Fleet resource utilization metrics

Stay organized with collections Save and categorize content based on your preferences.

This page dives deeper into the fleet resource utilization metrics described in Use the Anthos overview. These metrics describe how effectively your clusters are utilizing the physically available resources you pay for or resources that you allocate on on-premises hardware. You can use this information to understand resource utilization effectiveness at scale, on a fleet level, and to either optimize cluster size and resource allocation across clusters or optimize how application teams request and reserve resources.

This page explains how these metrics are calculated and provides some tips for how to use thse metrics to optimize resource usage.

Understand resource utilization metrics

The following metrics are provided in the Anthos overview, calculated using information from Cloud Monitoring on your fleet clusters.

CPU metrics

  • Total CPU utilization: An average of all points-in-time for a given time period where point-in-time is a ratio between allocatable and used resources across all clusters that belong to a fleet.
    • Used: The amount of CPU used by all containers across all clusters that belong to a fleet. Calculated from the container/cpu/core_usage_time metric.
    • Allocatable: The amount of CPU allocated to all nodes across all clusters that belong to a fleet. Calculated from the node/cpu/allocatable_cores metric.
  • CPU utilization by fleet: Shows the relationship between the following CPU metrics:
    • Used: The amount of CPU used by all containers across all clusters that belong to a fleet. Calculated from the container/cpu/core_usage_time metric.
    • Requested: The amount of CPU requested by all containers across all clusters that belong to a fleet. Calculated from the container/cpu/request_cores metric.
    • Allocatable: The amount of CPU allocated to all nodes across all clusters that belong to a fleet. Calculated from the node/cpu/allocatable_cores metric.
  • Top CPU utilization by cluster: Cluster list sorted by an average of all points-in-time for a given time period where point-in-time is a ratio between allocatable and used resources for a particular cluster.

Memory metrics

  • Total memory utilization: An average of all points-in-time for a given time period where point-in-time is a ratio between allocatable and used resources across all clusters that belong to a fleet.
    • Used: The amount of non-evictable memory used by all containers across all clusters that belong to a fleet. Calculated from the container/memory/used_bytes metric.
    • Allocatable: The amount of memory allocated to all nodes across all clusters that belong to a fleet. This metric is shown on the Clusters page. Calculated from the node/memory/allocatable_bytes metric.
  • Memory utilization by fleet: Shows the relationship between the following memory metrics:
    • Used: The amount of non-evictable memory used by all containers across all clusters that belong to a fleet. Calculated from the container/memory/used_bytes metric.
    • Requested: The amount of memory requested by all containers across all clusters that belong to a fleet. Calculated from the container/memory/request_bytes metric.
    • Allocatable: The amount of memory allocated to all nodes across all clusters that belong to a fleet. Calculated from the node/memory/allocatable_bytes metric.
  • Top memory utilization by cluster: Cluster list sorted by an average of all points-in-time for a given time period where point-in-time is a ratio between allocatable and used resources for a particular cluster.
    • Used: The amount of non-evictable memory used by all containers in a cluster. Calculated from the container/memory/used_bytes metric.
    • Allocatable: The amount of memory allocated to all nodes in a cluster. This metric is shown on the Clusters page. Calculated from the node/memory/allocatable_bytes metric.

Disk metrics

  • Total disk utilization: An average of all points-in-time for a given time period where point-in-time is a ratio between allocatable and used resources across all clusters that belong to a fleet.
  • Disk utilization by fleet: Shows the relationship between the following storage metrics:
  • Top disk utilization by cluster: Cluster list sorted by an average of all points-in-time for a given time period where point-in-time is a ratio between allocatable and used resources for a particular cluster.

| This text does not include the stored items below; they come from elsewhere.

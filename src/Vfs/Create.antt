-- ===== src/Vfs/Create.antt =====
-- Making of nodes: vfs_create_node, vfs_create_node_deep, vfs_init and vfs_mount; vfs_absolute_path.
pub mod Found
pub mod Search
use pastoral.Base.{
  ℕ, zero, suc, ◌+◌, Bool, true, false, not, Option, none, some, List, [], ◌∷◌, ◌++◌, length,
  get_elem?, set, ◌==◌, if◌then◌else◌, ◌>>=◌, ◌>>◌, bit_or,
}
use pastoral.Fd.{Stat, is_kind, s_ifdir}
use pastoral.Vfs.{
  Vfs, VfsNode, stat_of, subpaths, vfs_search_relative, vfs_search_absolute, or_root, dot, dot_dot,
  slash,
}

-- The stat of `vfs_default_asset`; its operations and events are not kept.
abbrev pub default_stat : ℕ → Stat
default_stat mode = record { st_mode = mode; st_uid = 0; st_gid = 0; st_size = 0 }

-- `vfs_default_asset`: the pointer to the new asset.
unfoldable pub vfs_default_asset : ℕ → Vfs → ℕ × Vfs
vfs_default_asset mode v =
    (length v.assets, record v { assets = v.assets ++ default_stat mode ∷ [] })

-- `VECTOR_PUSH(parent->children, node)`
unfoldable pub add_child : ℕ → ℕ → Vfs → Option Vfs
add_child parent node v = do
  p ← get_elem? v.nodes parent
  some (record v { nodes = set v.nodes parent (record p { children = p.children ++ node ∷ [] }) })

-- A node without children, by its fields; the new node is the last one.
abbrev pub bare_node : List ℕ → ℕ → Option ℕ → Option ℕ → VfsNode
bare_node name asset filesystem parent = record {
  name = name;
  asset = asset;
  filesystem = filesystem;
  parent = parent;
  mountpoint = none;
  children = [];
  symlink = [];
}

abbrev pub push_node : VfsNode → Vfs → Vfs
push_node n v = record v { nodes = v.nodes ++ n ∷ [] }

-- The entries "." and ".." of a new directory `node`, whose parent both name as `node` itself.
unfoldable pub add_dots : Option ℕ → ℕ → Vfs → Option Vfs
unfolding vfs_default_asset add_child
add_dots filesystem node v =
    let (here, v₁) = vfs_default_asset s_ifdir v in
    let current = length v₁.nodes in
    let v₂ = push_node (bare_node dot here filesystem (some node)) v₁ in
    let (above, v₃) = vfs_default_asset s_ifdir v₂ in
    let last = length v₃.nodes in
    let v₄ = push_node (bare_node dot_dot above filesystem (some node)) v₃ in
    do v₅ ← add_child node current v₄; add_child node last v₅

-- `vfs_create_node`: the pointer to the new node.
unfoldable pub vfs_create_node : Option ℕ → ℕ → Option ℕ → List ℕ → Bool → Vfs → Option (ℕ × Vfs)
unfolding add_child add_dots
vfs_create_node parent₀ asset filesystem name dangle v =
    let parent = or_root v parent₀ in
    let node = length v.nodes in
    let v₁ = push_node (bare_node name asset filesystem (some parent)) v in
    do
      v₂ ← if dangle then some v₁ else add_child parent node v₁
      stat ← get_elem? v₂.assets asset
      v₃ ← if is_kind s_ifdir stat then add_dots filesystem node v₂ else some v₂
      some (node, v₃)

-- `parent->mountpoint ? parent->mountpoint : parent`
unfoldable pub through_mount : ℕ → Vfs → Option ℕ
through_mount i v = do
  n ← get_elem? v.nodes i
  some (elim n.mountpoint [ none ↦ i | some mounted ↦ mounted ])

-- The first loop of `vfs_create_node_deep`: where it stops, and the names that are left.
unfoldable pub walk_existing : ℕ → Vfs → ℕ → List (List ℕ) → Option (ℕ × List (List ℕ))
unfolding vfs_search_relative through_mount
walk_existing fuel v parent [] = some (parent, [])
walk_existing fuel v parent (name ∷ names) = do
  found ← vfs_search_relative fuel v parent name true
  elim found [
    | none ↦ some (parent, name ∷ names)
    | some i ↦ (do here ← through_mount i v; walk_existing fuel v here names)
  ]

-- Its second loop, which makes directories for all names but the last, and the node for the last.
unfoldable pub create_rest : ℕ → Option ℕ → ℕ → List ℕ → List (List ℕ) → Vfs → Option (ℕ × Vfs)
unfolding vfs_create_node vfs_default_asset through_mount
create_rest asset filesystem parent name [] v =
    vfs_create_node (some parent) asset filesystem name false v
create_rest asset filesystem parent name (next ∷ names) v =
    let (directory, v₁) = vfs_default_asset s_ifdir v in
    do
      p ← get_elem? v.nodes parent
      (made, v₂) ← vfs_create_node (some parent) directory p.filesystem name false v₁
      here ← through_mount made v₂
      create_rest asset filesystem here next names v₂

unfoldable pub vfs_create_node_deep : ℕ → Option ℕ → ℕ → Option ℕ → List ℕ → Vfs → Option (ℕ × Vfs)
unfolding walk_existing create_rest subpaths
vfs_create_node_deep fuel parent asset filesystem path v = do
  names ← subpaths path
  (here, left) ← walk_existing fuel v (or_root v parent) names
  elim left [ [] ↦ some (here, v) | name ∷ rest ↦ create_rest asset filesystem here name rest v ]

-- `S_IFDIR | S_IRWXU | S_IRGRP | S_IXGRP | S_IXOTH`
abbrev pub root_mode : ℕ
root_mode = 0x41e9

-- `vfs_init`, with the number of `ramfs_filesystem`. The operations of the assets are not kept.
unfoldable pub vfs_init : ℕ → Vfs
vfs_init ramfs = record {
  nodes =
      record {
        name = slash ∷ [];
        asset = 0;
        filesystem = some ramfs;
        parent = none;
        mountpoint = none;
        children = 1 ∷ 2 ∷ [];
        symlink = [];
      }
      ∷ bare_node dot 1 none (some 0)
      ∷ bare_node dot_dot 2 none (some 0)
      ∷ [];
  assets = default_stat root_mode ∷ default_stat root_mode ∷ default_stat root_mode ∷ [];
  vfs_root = 0;
}

-- `vfs_mount`: whether it returns 0.
unfoldable pub vfs_mount : ℕ → Option ℕ → List ℕ → List ℕ → Option ℕ → Vfs → Option (Bool × Vfs)
unfolding vfs_search_absolute vfs_create_node vfs_default_asset
vfs_mount fuel parent source target filesystem v = do
  source_node ← vfs_search_absolute fuel v parent source true
  target_node ← vfs_search_absolute fuel v parent target true
  elim source_node [
    | none ↦ some (false, v)
    | some s ↦ elim target_node [
      | none ↦ some (false, v)
      | some t ↦ (do
        n ← get_elem? v.nodes t
        stat ← stat_of v n
        if not (is_kind s_ifdir stat)
            then some (false, v)
            else (let (asset, v₁) = vfs_default_asset (bit_or 0x1a4 s_ifdir) v in
                do
                  (made, v₂) ← vfs_create_node n.parent asset filesystem n.name true v₁
                  n' ← get_elem? v₂.nodes t
                  some (
                    true,
                    record v₂ { nodes = set v₂.nodes t (record n' { mountpoint = some made }) },
                  )))
    ]
  ]

-- The string that `vfs_absolute_path` puts together from the node and the nodes above it, on fuel.
unfoldable pub path_to : ℕ → Vfs → ℕ → Option (List ℕ)
path_to zero v i = none
path_to (suc fuel) v i = do
  n ← get_elem? v.nodes i
  stat ← stat_of v n
  before ← elim n.parent [ none ↦ some [] | some p ↦ path_to fuel v p ]
  some (before ++ n.name ++ (if is_kind s_ifdir stat then slash ∷ [] else []))

-- `++ret` leaves out the first byte.
abbrev without_first : List ℕ → List ℕ
without_first [] = []
without_first (c ∷ s) = s

-- `vfs_absolute_path`, for paths that fit into MAX_PATH_LENGTH.
unfoldable pub vfs_absolute_path : ℕ → Vfs → Option ℕ → Option (List ℕ)
unfolding path_to
vfs_absolute_path fuel v none = do root ← get_elem? v.nodes v.vfs_root; some root.name
vfs_absolute_path fuel v (some i) = do path ← path_to fuel v i; some (without_first path)
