-- ===== src/Vfs/Calls.antt =====
-- The system calls of kernel/fs/fd.c that resolve a path.
pub mod Allowed
pub mod Open
pub mod Entries
use pastoral.Base.{
  ℕ, zero, suc, ◌+◌, ◌-◌, ◌^◌, Bool, true, false, not, ◌&&◌, ◌||◌, Option, none, some, List, [],
  ◌∷◌, ◌++◌, length, get_elem?, set, ltb, leb, ◌==◌, if◌then◌else◌, ◌>>=◌, bit_and, bit_or,
}
use pastoral.Process.{
  Reply, ret, fail, minus_one, eacces, ebadf, eexist, einval, eisdir, enametoolong, enoent, eperm,
  Creds,
}
use pastoral.Fd.{Stat, is_kind, s_ifdir, o_accmode, o_rdonly, o_wronly, o_rdwr}
use pastoral.Fd.Access.{stat_has_access, stat_chmod, chown_stat, x_ok, r_ok, w_ok, mode_bits}
use pastoral.Vfs.{Vfs, VfsNode, stat_of, subpaths, vfs_search_relative, vfs_search_absolute, slash}
use pastoral.Vfs.Create.{vfs_default_asset, vfs_create_node, vfs_absolute_path}

-- What the calls read of the current task: its ids, directory and mask, and for a descriptor whether
-- it is open and the node it is open on.
pub record Caller : Type 0 where
  pub creds : Creds
  pub cwd : Option ℕ
  pub umask : ℕ
  pub open_node : ℕ → Option (Option ℕ)

abbrev pub at_fdcwd : ℕ
at_fdcwd = 0xffffff9c

abbrev pub at_empty_path : ℕ
at_empty_path = 1

abbrev pub at_symlink_nofollow : ℕ
at_symlink_nofollow = 4

abbrev pub at_eaccess : ℕ
at_eaccess = 512

-- `flags & flag` as a test
abbrev pub tests : ℕ → ℕ → Bool
tests flags flag = not (bit_and flags flag == 0)

-- `*path != '/'`
unfoldable pub is_relative : List ℕ → Bool
is_relative [] = true
is_relative (c ∷ path) = not (c == slash)

-- `dir == NULL ? vfs_root : dir`
abbrev pub node_or_root : Vfs → Option ℕ → ℕ
node_or_root v none = v.vfs_root
node_or_root v (some i) = i

-- A reply of a search: the node, or the error.
unfoldable pub user_dir_lookup : ℕ → List ℕ → Caller → Vfs → Reply
unfolding is_relative
user_dir_lookup dirfd path c v =
    if is_relative path
    then (if dirfd == at_fdcwd
        then ret (node_or_root v c.cwd)
        else elim (c.open_node dirfd) [ none ↦ fail ebadf | some n ↦ ret (node_or_root v n) ])
    else ret v.vfs_root

-- Whether the caller may search directory `i`.
unfoldable pub may_search : ℕ → Caller → Vfs → Option Bool
unfolding stat_has_access
may_search i c v = do
  n ← get_elem? v.nodes i
  stat ← stat_of v n
  some (stat_has_access stat c.creds.effective_uid c.creds.effective_gid x_ok)

-- The end of `user_lookup_at`: the last name in directory `parent`, and the access to its node.
unfoldable pub lookup_last : ℕ → ℕ → List ℕ → ℕ → ℕ → Caller → Vfs → Option Reply
unfolding may_search vfs_search_relative stat_has_access
lookup_last fuel parent name lookup_flags mode c v = do
  allowed ← may_search parent c v
  if not allowed then some (fail eacces) else (do
    found ← vfs_search_relative fuel v parent name (tests lookup_flags at_symlink_nofollow)
    elim found [
      | none ↦ some (fail enoent)
      | some i ↦ (do
        n ← get_elem? v.nodes i
        stat ← stat_of v n
        let effective = tests lookup_flags at_eaccess
        let uid = if effective then c.creds.effective_uid else c.creds.real_uid
        let gid = if effective then c.creds.effective_gid else c.creds.real_gid
        if stat_has_access stat uid gid mode then some (ret i) else some (fail eacces))
    ])

-- The loop of `user_lookup_at` over all names but the last, then the last.
unfoldable pub lookup_names : ℕ → ℕ → List ℕ → List (List ℕ) → ℕ → ℕ → Caller → Vfs → Option Reply
unfolding may_search vfs_search_relative lookup_last
lookup_names fuel parent name [] lookup_flags mode c v =
    lookup_last fuel parent name lookup_flags mode c v
lookup_names fuel parent name (next ∷ names) lookup_flags mode c v = do
  allowed ← may_search parent c v
  if not allowed then some (fail eacces) else (do
    found ← vfs_search_relative fuel v parent name true
    elim found [
      | none ↦ some (fail enoent)
      | some i ↦ (do
        n ← get_elem? v.nodes i
        lookup_names fuel (elim n.mountpoint [ none ↦ i | some m ↦ m ]) next names lookup_flags mode
            c v)
    ])

-- `path` is "/".
unfoldable pub is_root : List ℕ → Bool
is_root [] = false
is_root (c ∷ []) = c == slash
is_root (c ∷ d ∷ path) = false

-- `user_lookup_at`. A path without names makes the length of the list wrap, so that a name behind its
-- end is read once the caller may search the directory.
unfoldable pub user_lookup_at : ℕ → ℕ → List ℕ → ℕ → ℕ → Caller → Vfs → Option Reply
unfolding is_root user_dir_lookup lookup_names subpaths may_search
user_lookup_at fuel dirfd path lookup_flags mode c v =
    if is_root path then some (ret v.vfs_root) else elim (user_dir_lookup dirfd path c v) [
      | fail e ↦ some (fail e)
      | minus_one ↦ some minus_one
      | ret parent ↦ (do
        names ← subpaths path
        elim names [
          | [] ↦ (do allowed ← may_search parent c v; if allowed then none else some (fail eacces))
          | name ∷ rest ↦ lookup_names fuel parent name rest lookup_flags mode c v
        ])
    ]

-- `syscall_chdir`
unfoldable pub chdir : ℕ → List ℕ → Caller → Vfs → Option (Reply × Caller)
unfolding user_lookup_at
chdir fuel path c v = do
  reply ← user_lookup_at fuel at_fdcwd path 0 x_ok c v
  elim reply [
    | ret i ↦ some (ret 0, record c { cwd = some i })
    | fail e ↦ some (fail e, c)
    | minus_one ↦ some (minus_one, c)
  ]

-- `syscall_getcwd`: the bytes that are copied to the buffer at `buf`; there is no terminator among
-- them. With too small a buffer it returns 0, with ERANGE.
unfoldable pub getcwd : ℕ → ℕ → ℕ → Caller → Vfs → Option (ℕ × List ℕ)
unfolding vfs_absolute_path
getcwd fuel buf size c v = do
  path ← vfs_absolute_path fuel v c.cwd
  if leb (length path) size then some (buf, path) else some (0, [])

-- `syscall_faccessat`
unfoldable pub faccessat : ℕ → ℕ → List ℕ → ℕ → ℕ → Caller → Vfs → Option Reply
unfolding user_lookup_at
faccessat fuel dirfd path mode flags c v =
    if not (tests mode 1) && not (tests mode (bit_or (bit_or r_ok w_ok) x_ok))
    then some minus_one
    else (let mode' = if mode == 1 then 0 else mode in
        let followed = if tests flags at_symlink_nofollow then at_symlink_nofollow else 0 in
        let lookup_flags =
          if tests flags at_empty_path then bit_or followed at_empty_path else followed in
        do
          reply ← user_lookup_at fuel dirfd path lookup_flags mode' c v
          elim reply [ ret i ↦ some (ret 0) | fail e ↦ some (fail e) | minus_one ↦ some minus_one ])

-- A store through `node->asset->stat`
unfoldable pub put_stat : ℕ → (Stat → Stat) → Vfs → Option Vfs
put_stat i f v = do
  n ← get_elem? v.nodes i
  stat ← stat_of v n
  some (record v { assets = set v.assets n.asset (f stat) })

-- The node of `fd_fchownat`.
unfoldable pub chown_node : ℕ → ℕ → List ℕ → ℕ → Caller → Vfs → Option Reply
unfolding user_lookup_at
chown_node fuel fd path flag c v =
    if tests flag at_empty_path
    then elim (c.open_node fd) [
      | none ↦ some (fail ebadf)
      | some none ↦ none
      | some (some i) ↦ some (ret i)
    ]
    else user_lookup_at fuel fd path (bit_and flag at_symlink_nofollow) 0 c v

-- `fd_fchownat`
unfoldable pub fd_fchownat : ℕ → ℕ → List ℕ → ℕ → ℕ → ℕ → Caller → Vfs → Option (Reply × Vfs)
unfolding chown_node put_stat chown_stat
fd_fchownat fuel fd path uid gid flag c v =
    if not (c.creds.effective_uid == 0)
    then some (fail eperm, v)
    else if uid == 2 ^ 32 - 1 && gid == 2 ^ 32 - 1
    then some (ret 0, v)
    else if not (tests flag at_empty_path) && length path == 0
    then some (fail einval, v)
    else (do
      reply ← chown_node fuel fd path flag c v
      elim reply [
        | ret i ↦ (do v' ← put_stat i (chown_stat uid gid) v; some (ret 0, v'))
        | fail e ↦ some (fail e, v)
        | minus_one ↦ some (minus_one, v)
      ])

Use resource utilization metrics

The following tips can help you use the metrics in the console to identify and address problems:

  • If your fleet's Total CPU/Memory/Disk utilization indicates unexpectedly high or low utilization over the last seven days, always check the corresponding CPU/Memory/Disk utilization by fleet chart to evaluate if the unexpected utilization is constant or caused by usage spikes.
  • If Top CPU/Memory/Disk utilization by cluster indicates individual clusters that behave differently than the rest, consider investigating those particular clusters more closely. Consider resizing the clusters if possible.
  • CPU/Memory/Disk utilization by fleet lets you observe the ratio between used and requested resources. A big difference between the two might mean that application teams are requesting and reserving too many resources.